• Goal of the exercise
Restate word for word the lines of the entries below, starting with the line that holds "let whole : place_value" and ending with the line that holds "λ h. elim (Bool-cases", and no others.

• Input data
"""

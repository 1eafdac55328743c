-- ===== src/Gold/Hex.antt =====
-- The values of hexadecimal texts, as hex_to_bigdecimal reads them.
use spectraplex.Base.{
  ℕ, zero, suc, ◌+◌, ◌*◌, ◌^◌, ◌<◌, ◌≤◌, ◌-◌, true, false, ◌≡◌, refl, sym, ap, subst, ◌∙◌, inl, inr,
  Bool-cases, Option-cases, Option, none, some, List, [], ◌∷◌, leb, length, arith,
}
use spectraplex.Gold.{Outside}
use spectraplex.Gold.Flows.{to_digit, strip_0x, hex_digits, hex_to_bigdecimal}

-- The numbers of BigDecimal continue the natural numbers.
pub record ReadsDigits (o : Outside) : Type 0 where
  pub zero_from : o.zero ≡ o.from_nat 0
  pub digit_step :
      (n d : ℕ)
      → o.plus (o.times (o.from_nat n) (o.from_nat 16)) (o.from_nat d) ≡ o.from_nat (n * 16 + d)

-- A digit counts by its place from the right.
abbrev pub place_value : ℕ → ℕ
place_value zero = 1
place_value (suc k) = 16 * place_value k

-- The value of a text of hexadecimal digits, and that a character is none of them.
abbrev pub hex_value : List ℕ → Option ℕ
hex_value [] = some 0
hex_value (c ∷ s) = elim (to_digit c) [
  | none ↦ none
  | some d ↦ elim (hex_value s) [ none ↦ none | some v ↦ some (d * place_value (length s) + v) ]
]

to_digit-lt : (c d : ℕ) → to_digit c ≡ some d → d < 16
to_digit-lt c d h = ground arith

place_value_pos : (k : ℕ) → 1 ≤ place_value k
place_value_pos zero = omega arith
place_value_pos (suc k) = omega (arith, place_value_pos k)

place_value_mono : (k m : ℕ) → place_value k ≤ place_value (m + k)
place_value_mono k zero = let e : 0 + k ≡ k = omega arith in rw e (omega arith)
place_value_mono k (suc m) =
    let e : suc m + k ≡ suc (m + k) = omega arith in rw e (omega (arith, place_value_mono k m))

digit_bound : (d v p : ℕ) → d < 16 → v < p → d * p + v < 16 * p
digit_bound d v p h k = grind arith

hex_value-lt : (s : List ℕ) (v : ℕ) → hex_value s ≡ some v → v < place_value (length s)
hex_value-lt [] v h = ground arith
hex_value-lt (c ∷ s) v h = elim (Option-cases (to_digit c)) [
  | inl e ↦ absurd (ground (arith, e, h))
  | inr (d, e) ↦ elim (Option-cases (hex_value s)) [
    | inl f ↦ absurd (ground (arith, e, f, h))
    | inr (w, f) ↦
        let q : d * place_value (length s) + w ≡ v = ground (arith, e, f, h) in
        subst (λ x. x < 16 * place_value (length s)) q
          (digit_bound d w (place_value (length s)) (to_digit-lt c d e) (hex_value-lt s w f))
  ]
]

module _ (o : Outside) (reads : ReadsDigits o) where
  open reads use {zero_from, digit_step}

  read_step :
      (c d n : ℕ) (s : List ℕ)
      → to_digit c ≡ some d
      → hex_digits o (c ∷ s) (o.from_nat n) ≡ hex_digits o s (o.from_nat (n * 16 + d))
  unfolding hex_digits
  read_step c d n s e = rw (e, hex_digits) (ap (hex_digits o s) (digit_step n d))

  refuse_step :
      (c n : ℕ) (s : List ℕ) → to_digit c ≡ none → hex_digits o (c ∷ s) (o.from_nat n) ≡ none
  unfolding hex_digits
  refuse_step c n s e = rw (e, hex_digits) refl

  regroup : (n d v p : ℕ) → (n * 16 + d) * p + v ≡ n * (16 * p) + (d * p + v)
  regroup n d v p = grind arith

  digits_read :
      (s : List ℕ) (n v : ℕ)
      → hex_value s ≡ some v
      → hex_digits o s (o.from_nat n) ≡ some (o.from_nat (n * place_value (length s) + v))
  unfolding hex_digits
  digits_read [] n v h =
      let e : n * 1 + v ≡ n = ground arith in ap (λ x. some (o.from_nat x)) (sym e)
  digits_read (c ∷ s) n v h = elim (Option-cases (to_digit c)) [
    | inl e ↦ absurd (ground (arith, e, h))
    | inr (d, e) ↦ elim (Option-cases (hex_value s)) [
      | inl f ↦ absurd (ground (arith, e, f, h))
      | inr (w, f) ↦
          let q : d * place_value (length s) + w ≡ v = ground (arith, e, f, h) in
          read_step c d n s e
          ∙ digits_read s (n * 16 + d) w f
          ∙ ap (λ x. some (o.from_nat x))
              (regroup n d w (place_value (length s))
                ∙ ap (λ x. n * (16 * place_value (length s)) + x) q)
    ]
  ]

  digits_refused : (s : List ℕ) (n : ℕ) → hex_value s ≡ none → hex_digits o s (o.from_nat n) ≡ none
  digits_refused [] n h = absurd (ground arith)
  digits_refused (c ∷ s) n h = elim (Option-cases (to_digit c)) [
    | inl e ↦ refuse_step c n s e
    | inr (d, e) ↦ elim (Option-cases (hex_value s)) [
      | inl f ↦ read_step c d n s e ∙ digits_refused s (n * 16 + d) f
      | inr (w, f) ↦ absurd (ground (arith, e, f, h))
    ]
  ]

  -- A text of at most 64 hexadecimal digits, with or without `0x` in front, is read as its value, which
  -- is below 2 to the 256; a longer text, and one with another character, is refused.
  pub hex_to_bigdecimal-bounded :
      (hex : List ℕ)
      → ((v : ℕ)
          → length (strip_0x hex) ≤ 64
          → hex_value (strip_0x hex) ≡ some v
          → (hex_to_bigdecimal o hex ≡ some (o.from_nat v)) × (v < 2 ^ 256))
        × (64 < length (strip_0x hex) → hex_to_bigdecimal o hex ≡ none)
        × (hex_value (strip_0x hex) ≡ none → hex_to_bigdecimal o hex ≡ none)
  unfolding hex_to_bigdecimal
  hex_to_bigdecimal-bounded hex =
      let s = strip_0x hex in
      (
        λ v l h.
            let t : leb (length (strip_0x hex)) 64 ≡ true = ground arith in
            let b = hex_value-lt s v h in
            let m = place_value_mono (length s) (64 - length s) in
            let k : 64 - length (strip_0x hex) + length (strip_0x hex) ≡ 64 = omega arith in
            let whole : place_value 64 ≡ 2 ^ 256 = refl in
            (
              rw t (
                  ap (hex_digits o s) zero_from
                  ∙ digits_read s 0 v h
                  ∙ ap (λ x. some (o.from_nat x)) (omega arith)),
              omega (arith, b, m, ap place_value k, whole),
            ),
        λ l. let t : leb (length (strip_0x hex)) 64 ≡ false = ground arith in rw t refl,
        λ h. elim (Bool-cases (leb (length s) 64)) [
          | inl t ↦ rw t (ap (hex_digits o s) zero_from ∙ digits_refused s 0 h)
          | inr t ↦ rw t refl
        ],
      )
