-- ===== src/Gold/Totals.antt =====
-- Totals of the amounts of ledger records and of the deltas of balance events, by network and asset.
use spectraplex.Base.{
  String, Bool, true, ◌&&◌, ◌≡◌, refl, sym, ap, ◌∙◌, List, [], ◌∷◌, ◌++◌, if◌then◌else◌, str_eq,
  concat_map,
}
use spectraplex.Gold.{Outside, WalletLedgerRecord}
use spectraplex.Gold.Events.{BalanceEvent}

-- BigDecimal as its documentation has it: an equation is one of numbers, and the sum has its laws.
pub record IsGroup (o : Outside) : Type 0 where
  pub plus_assoc : (a b c : o.BigDecimal) → o.plus (o.plus a b) c ≡ o.plus a (o.plus b c)
  pub plus_comm : (a b : o.BigDecimal) → o.plus a b ≡ o.plus b a
  pub zero_plus : (a : o.BigDecimal) → o.plus o.zero a ≡ a
  pub plus_neg : (a : o.BigDecimal) → o.plus a (o.neg a) ≡ o.zero
  pub equal_sound : (a b : o.BigDecimal) → o.equal a b ≡ true → a ≡ b

module _ (o : Outside) (network asset : String) where
  -- The entries of a list that are selected, each with an amount.
  abbrev pub total_by : {A : Type 0} → (A → Bool) → (A → o.BigDecimal) → List A → o.BigDecimal
  total_by selected amount [] = o.zero
  total_by selected amount (x ∷ xs) =
      o.plus (if selected x then amount x else o.zero) (total_by selected amount xs)

  abbrev pub in_ledger : WalletLedgerRecord o.BigDecimal → Bool
  in_ledger r = str_eq r.network network && str_eq r.asset_symbol asset

  abbrev pub in_events : BalanceEvent o.BigDecimal → Bool
  in_events e = str_eq e.network network && str_eq e.asset asset

  abbrev pub ledger_total : List (WalletLedgerRecord o.BigDecimal) → o.BigDecimal
  ledger_total = total_by in_ledger (λ r. r.amount)

  abbrev pub event_total : List (BalanceEvent o.BigDecimal) → o.BigDecimal
  event_total = total_by in_events (λ e. e.delta)

  module _ (g : IsGroup o) where
    open g use {plus_assoc, plus_comm, zero_plus}

    pub plus_zero : (a : o.BigDecimal) → o.plus a o.zero ≡ a
    plus_zero a = plus_comm a o.zero ∙ zero_plus a

    pub total_by-append :
        {A : Type 0} (selected : A → Bool) (amount : A → o.BigDecimal) (xs ys : List A)
        → total_by selected amount (xs ++ ys)
          ≡ o.plus (total_by selected amount xs) (total_by selected amount ys)
    total_by-append selected amount [] ys = sym (zero_plus _)
    total_by-append selected amount (x ∷ xs) ys =
        let here = if selected x then amount x else o.zero in
        ap (o.plus here) (total_by-append selected amount xs ys) ∙ sym (plus_assoc here _ _)

    -- Records and events whose totals agree source by source have the same total.
    pub same_totals :
        {S : Type 0} (f : S → List (WalletLedgerRecord o.BigDecimal))
        (h : S → List (BalanceEvent o.BigDecimal))
        → ((x : S) → ledger_total (f x) ≡ event_total (h x))
        → (xs : List S) → ledger_total (concat_map f xs) ≡ event_total (concat_map h xs)
    same_totals f h e [] = refl
    same_totals f h e (x ∷ xs) =
        total_by-append in_ledger (λ r. r.amount) (f x) (concat_map f xs)
        ∙ ap (λ a. o.plus a (ledger_total (concat_map f xs))) (e x)
        ∙ ap (o.plus (event_total (h x))) (same_totals f h e xs)
        ∙ sym (total_by-append in_events (λ y. y.delta) (h x) (concat_map h xs))
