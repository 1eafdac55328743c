-- ===== src/Gold/Tax.antt =====
-- The columns of the tax export for a ledger record: write_wallet_ledger_tax_csv_rows of
-- api/src/export_csv.rs, up to the printing. A missing amount is printed as the empty text.
use spectraplex.Base.{String, ◌&&◌, Option, none, some, if◌then◌else◌, str_eq, unwrap_or}
use spectraplex.Gold.{Outside, WalletLedgerRecord}

pub record TaxRow (D : Type 0) : Type 0 where
  pub date : String
  pub entry_type : String
  pub sent_asset : String
  pub sent_amount : Option D
  pub recv_asset : String
  pub recv_amount : Option D
  pub fee_asset : String
  pub fee_amount : Option D
  pub cost_basis : Option D
  pub proceeds : Option D
  pub gain_loss : Option D
  pub tx_hash : String
  pub network : String

module _ (o : Outside) where
  abbrev pub Side : Type 0
  Side = String × Option o.BigDecimal

  abbrev pub no_side : Side
  no_side = ("", none)

  -- What is sent and what is received.
  abbrev pub moved : WalletLedgerRecord o.BigDecimal → Side × Side
  moved r =
      let negative = o.below r.amount o.zero in
      if str_eq r.entry_type "fee" && negative
      then (no_side, no_side)
      else if negative
      then ((r.asset_symbol, some (o.abs r.amount)), no_side)
      else (no_side, (r.asset_symbol, some r.amount))

  abbrev pub fee_side : WalletLedgerRecord o.BigDecimal → Side
  fee_side r =
      if str_eq r.entry_type "fee"
      then (if o.below r.amount o.zero then (r.asset_symbol, some (o.abs r.amount)) else no_side)
      else (unwrap_or r.fee_asset "", r.fee_amount)

  abbrev pub gain : Option o.BigDecimal → Option o.BigDecimal → Option o.BigDecimal
  gain (some p) (some c) = some (o.minus p c)
  gain (some p) none = none
  gain none c = none

  unfoldable pub tax_row : WalletLedgerRecord o.BigDecimal → TaxRow o.BigDecimal
  tax_row r = record {
    date = o.date_text r.timestamp;
    entry_type = r.entry_type;
    sent_asset = (moved r).0.0;
    sent_amount = (moved r).0.1;
    recv_asset = (moved r).1.0;
    recv_amount = (moved r).1.1;
    fee_asset = (fee_side r).0;
    fee_amount = (fee_side r).1;
    cost_basis = r.cost_basis;
    proceeds = r.proceeds;
    gain_loss = gain r.proceeds r.cost_basis;
    tx_hash = r.tx_hash;
    network = r.network;
  }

"""

• Task answer
            let whole : place_value 64 ≡ 2 ^ 256 = refl in
            (
              rw t (
                  ap (hex_digits o s) zero_from
                  ∙ digits_read s 0 v h
                  ∙ ap (λ x. some (o.from_nat x)) (omega arith)),
              omega (arith, b, m, ap place_value k, whole),
            ),
        λ l. let t : leb (length (strip_0x hex)) 64 ≡ false = ground arith in rw t refl,
        λ h. elim (Bool-cases (leb (length s) 64)) [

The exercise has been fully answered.